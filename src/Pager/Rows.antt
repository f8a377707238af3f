-- ===== src/Pager/Rows.antt =====
-- The updates of a page, one row after the other, and what they leave in the transaction.
use mathlib.Core.List.{append_assoc}
use pxc_anonymizer.Prelude.{
  ℕ, zero, suc, ◌<◌, ◌≡◌, refl, sym, ap, ◌∙◌, Bool, true, false, List, [], ◌∷◌, ◌++◌, map, take,
  drop, length, arith, All, Bool-cases, List-cases, inl, inr,
}
use pxc_anonymizer.Errors.{Result, ok}
use pxc_anonymizer.Sql.{Value, Server}
use pxc_anonymizer.Checkpoint.{Key}
use pxc_anonymizer.Pager.{
  Row, row_of, last_key, update_row, update_rows, update_page, max_unique_attempts,
}
use pxc_anonymizer.Pager.Statements.{Table, update_sql}
use pxc_anonymizer.Pager.Storage.{Entry, View, IsStorage, selected, end_of, columns_of}
use pxc_anonymizer.Pager.Updates.{entry_row, Image, Images, update_row_keeps, update_row_writes}

-- An entry whose key has the table's shape.
abbrev pub IsKeyed : ℕ → Entry → Type 0
IsKeyed keys e = length e.pk ≡ keys

take-length-append : (xs ys : List Value) → take (length xs) (xs ++ ys) ≡ xs
take-length-append [] ys = refl
take-length-append (x ∷ xs) ys = rw (take-length-append xs ys)

drop-length-append : (xs ys : List Value) → drop (length xs) (xs ++ ys) ≡ ys
drop-length-append [] ys = refl
drop-length-append (x ∷ xs) ys = drop-length-append xs ys

row_of-columns_of :
    (keys : ℕ) (e : Entry) → IsKeyed keys e → row_of keys (columns_of e) ≡ entry_row e 0
row_of-columns_of keys e h =
    rw (← h) (rw (take-length-append e.pk e.values, drop-length-append e.pk e.values))

-- The rows that the pager makes of the selected entries.
abbrev pub page_rows : ℕ → List Entry → List Row
page_rows keys es = map (row_of keys) (map columns_of es)

take_short : (n : ℕ) (es : List Entry) → take n es ≡ [] → length (take n es) < n → es ≡ []
take_short zero es h lt = absurd (omega arith)
take_short (suc n) [] h lt = refl
take_short (suc n) (e ∷ es) h lt = cc

module _ (transform : Row → Result (List Value)) (ignored : Entry → Bool) (keys : ℕ) where
  -- What a successful run of updates leaves: the rows from the front on fall into a part that the
  -- page went through, whose images are written and whose last key is the last row's, and a
  -- part that it left, in which nothing is selected if the page was not full.
  pub record Advance (front rest : List Entry) (n : ℕ) (before after : View) : Type 0 where
    pub gone : List Entry
    pub written : List Entry
    pub left : List Entry
    pub split : rest ≡ gone ++ left
    pub images : Images transform ignored gone written
    pub result : after ≡ record before { rows = front ++ (written ++ left) }
    pub ends :
        (cursor : List Value)
        → last_key cursor (page_rows keys (take n (selected ignored rest))) ≡ end_of cursor written
    pub exhausted : length (take n (selected ignored rest)) < n → selected ignored left ≡ []

  -- Nothing selected: the page ends here.
  Advance-stay :
      (front rest : List Entry) (n : ℕ) (v : View)
      → v.rows ≡ front ++ rest
      → take n (selected ignored rest) ≡ []
      → Advance front rest n v v
  Advance-stay front rest n v split none_left = record {
    gone = [];
    written = [];
    left = rest;
    split = refl;
    images = tt;
    result = ground arith;
    ends = λ cursor. rw none_left;
    exhausted = take_short n (selected ignored rest) none_left;
  }

  -- An ignored row before a page that is not empty is gone through unchanged.
  Advance-skip :
      (front rest : List Entry) (n : ℕ) (e f : Entry) (fs : List Entry) (before after : View)
      → ignored e ≡ true
      → take n (selected ignored rest) ≡ f ∷ fs
      → Advance (front ++ (e ∷ [])) rest n before after
      → Advance front (e ∷ rest) n before after
  Advance-skip front rest n e f fs before after skip page a = record {
    gone = e ∷ a.gone;
    written = e ∷ a.written;
    left = a.left;
    split = ap (λ es. e ∷ es) a.split;
    images = (Image.skipped skip, a.images);
    result = a.result ∙ rw append_assoc;
    ends = λ cursor. rw skip (rw page (rw page at (a.ends e.pk)));
    exhausted = rw skip a.exhausted;
  }

  -- A row that is written, and the rest of the page after it.
  Advance-replace :
      (front rest : List Entry) (n : ℕ) (e e' : Entry) (before middle after : View)
      → ignored e ≡ false
      → IsKeyed keys e
      → e'.pk ≡ e.pk
      → Image transform ignored e e'
      → middle ≡ record before { rows = front ++ (e' ∷ rest) }
      → Advance (front ++ (e' ∷ [])) rest n middle after
      → Advance front (e ∷ rest) (suc n) before after
  Advance-replace front rest n e e' before middle after keep keyed same image written a = record {
    gone = e ∷ a.gone;
    written = e' ∷ a.written;
    left = a.left;
    split = ap (λ es. e ∷ es) a.split;
    images = (image, a.images);
    result = rw (a.result, written, append_assoc);
    ends = λ cursor.
        rw keep (
          rw (ap (λ (r : Row). r.primary_key) (row_of-columns_of keys e keyed), same)
            (a.ends e.pk));
    exhausted = rw keep (λ h. a.exhausted (omega arith));
  }

module _ {C : Type 0} {S : Server C} {t : Table} {k : Key} {ignored : Entry → Bool}
    {committed pending : C → View} (L : IsStorage S t k ignored committed pending)
    (transform : Row → Result (List Value)) (keys : ℕ) where
  -- A page succeeds if its first row does and then the others do.
  update_rows_first :
      (row : Row) (rows : List Row) (c : C)
      → (update_rows S t transform (row ∷ rows) c).0 ≡ ok tt
      → let one = update_row S t transform max_unique_attempts 0 row c in
        (one.0 ≡ ok tt)
        × (update_rows S t transform (row ∷ rows) c ≡ update_rows S t transform rows one.1)
  unfolding update_rows
  update_rows_first row rows c h = ground arith

  -- The updates of a page that was selected from the rest of the table.
  pub update_rows-Advance :
      (n : ℕ) (rest front : List Entry) (rows : List Row) (c : C)
      → All (IsKeyed keys) rest
      → (pending c).rows ≡ front ++ rest
      → rows ≡ page_rows keys (take n (selected ignored rest))
      → (update_rows S t transform rows c).0 ≡ ok tt
      → Advance transform ignored keys front rest n
          (pending c)
          (pending (update_rows S t transform rows c).1)
  unfolding update_rows
  update_rows-Advance zero rest front rows c keyed split page h =
      rw page (Advance-stay transform ignored keys front rest zero (pending c) split refl)
  update_rows-Advance (suc n) [] front rows c keyed split page h =
      rw page (Advance-stay transform ignored keys front [] (suc n) (pending c) split refl)
  update_rows-Advance (suc n) (e ∷ es) front rows c keyed split page h =
      elim (Bool-cases (ignored e)) [
        | inl skip ↦ elim (List-cases (take (suc n) (selected ignored es))) [
          | inl none_left ↦ rw (rw (skip, none_left) at page) (
              Advance-stay transform ignored keys front (e ∷ es) (suc n) (pending c) split
                (rw skip none_left))
          | inr (f, fs, some_left) ↦
              Advance-skip transform ignored keys front es (suc n) e f fs _ _ skip some_left (
                update_rows-Advance (suc n) es (front ++ (e ∷ [])) rows c keyed.1
                  (split ∙ sym (append_assoc front (e ∷ []) es)) (rw skip at page) h)
        ]
        | inr keep ↦
            let ps = page_rows keys (take n (selected ignored es)) in
            let page' : rows ≡ entry_row e 0 ∷ ps =
              rw (row_of-columns_of keys e keyed.0) at (rw keep at page) in
            let (first_ok, same) = update_rows_first (entry_row e 0) ps c (rw page' at h) in
            let c1 = (update_row S t transform max_unique_attempts 0 (entry_row e 0) c).1 in
            let (a, values, lt, tr, written) =
              update_row_writes L transform max_unique_attempts 0 front es e c (omega arith) split
                first_ok in
            let e' : Entry = record e { values = values } in
            rw (page', same)
              (Advance-replace transform ignored keys front es n e e' (pending c) (pending c1) _
                keep keyed.0 refl (Image.replaced a values keep lt tr) written
                (update_rows-Advance n es (front ++ (e' ∷ [])) ps c1 keyed.1
                  (ap (λ (v : View). v.rows) written ∙ sym (append_assoc front (e' ∷ []) es)) refl
                  (rw (page', same) at h)))
      ]

  pub update_rows_keeps :
      (rows : List Row) (c : C) → committed (update_rows S t transform rows c).1 ≡ committed c
  unfolding update_rows
  update_rows_keeps [] c = refl
  update_rows_keeps (row ∷ rows) c =
      let c1 = (update_row S t transform max_unique_attempts 0 row c).1 in
      ground
        (arith, update_row_keeps L transform max_unique_attempts 0 row c, update_rows_keeps rows c1)

  update_page_prepared :
      (row : Row) (rows : List Row) (c : C)
      → (update_page S t transform (row ∷ rows) c).0 ≡ ok tt
      → update_page S t transform (row ∷ rows) c
        ≡ update_rows S t transform (row ∷ rows) (S.prepare c (update_sql t)).1
  unfolding update_page
  update_page_prepared row rows c h = ground arith

  -- The same with the statement prepared first.
  pub update_page-Advance :
      (n : ℕ) (rest front : List Entry) (rows : List Row) (c : C)
      → All (IsKeyed keys) rest
      → (pending c).rows ≡ front ++ rest
      → rows ≡ page_rows keys (take n (selected ignored rest))
      → (update_page S t transform rows c).0 ≡ ok tt
      → Advance transform ignored keys front rest n
          (pending c)
          (pending (update_page S t transform rows c).1)
  unfolding update_page
  update_page-Advance n rest front [] c keyed split page h =
      unfold update_rows in update_rows-Advance n rest front [] c keyed split page refl
  update_page-Advance n rest front (row ∷ rows) c keyed split page h =
      let c1 = (S.prepare c (update_sql t)).1 in
      let same = (L.prepare_keeps c).1 in
      let prepared = update_page_prepared row rows c h in
      rw (prepared, ← same)
        (update_rows-Advance n rest front (row ∷ rows) c1 keyed (rw same split) page
          (rw prepared at h))

  pub update_page_keeps :
      (rows : List Row) (c : C) → committed (update_page S t transform rows c).1 ≡ committed c
  unfolding update_page
  update_page_keeps [] c = refl
  update_page_keeps (row ∷ rows) c =
      let c1 = (S.prepare c (update_sql t)).1 in
      ground (arith, L.prepare_keeps c, update_rows_keeps (row ∷ rows) c1)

= PROBLEM STATEMENT =
Determine which lines above include the word "ground", and report those lines in full.

= ANSWER SECTION =
    result = ground arith;
  update_rows_first row rows c h = ground arith
      ground
  update_page_prepared row rows c h = ground arith
      ground (arith, L.prepare_keeps c, update_rows_keeps (row ∷ rows) c1)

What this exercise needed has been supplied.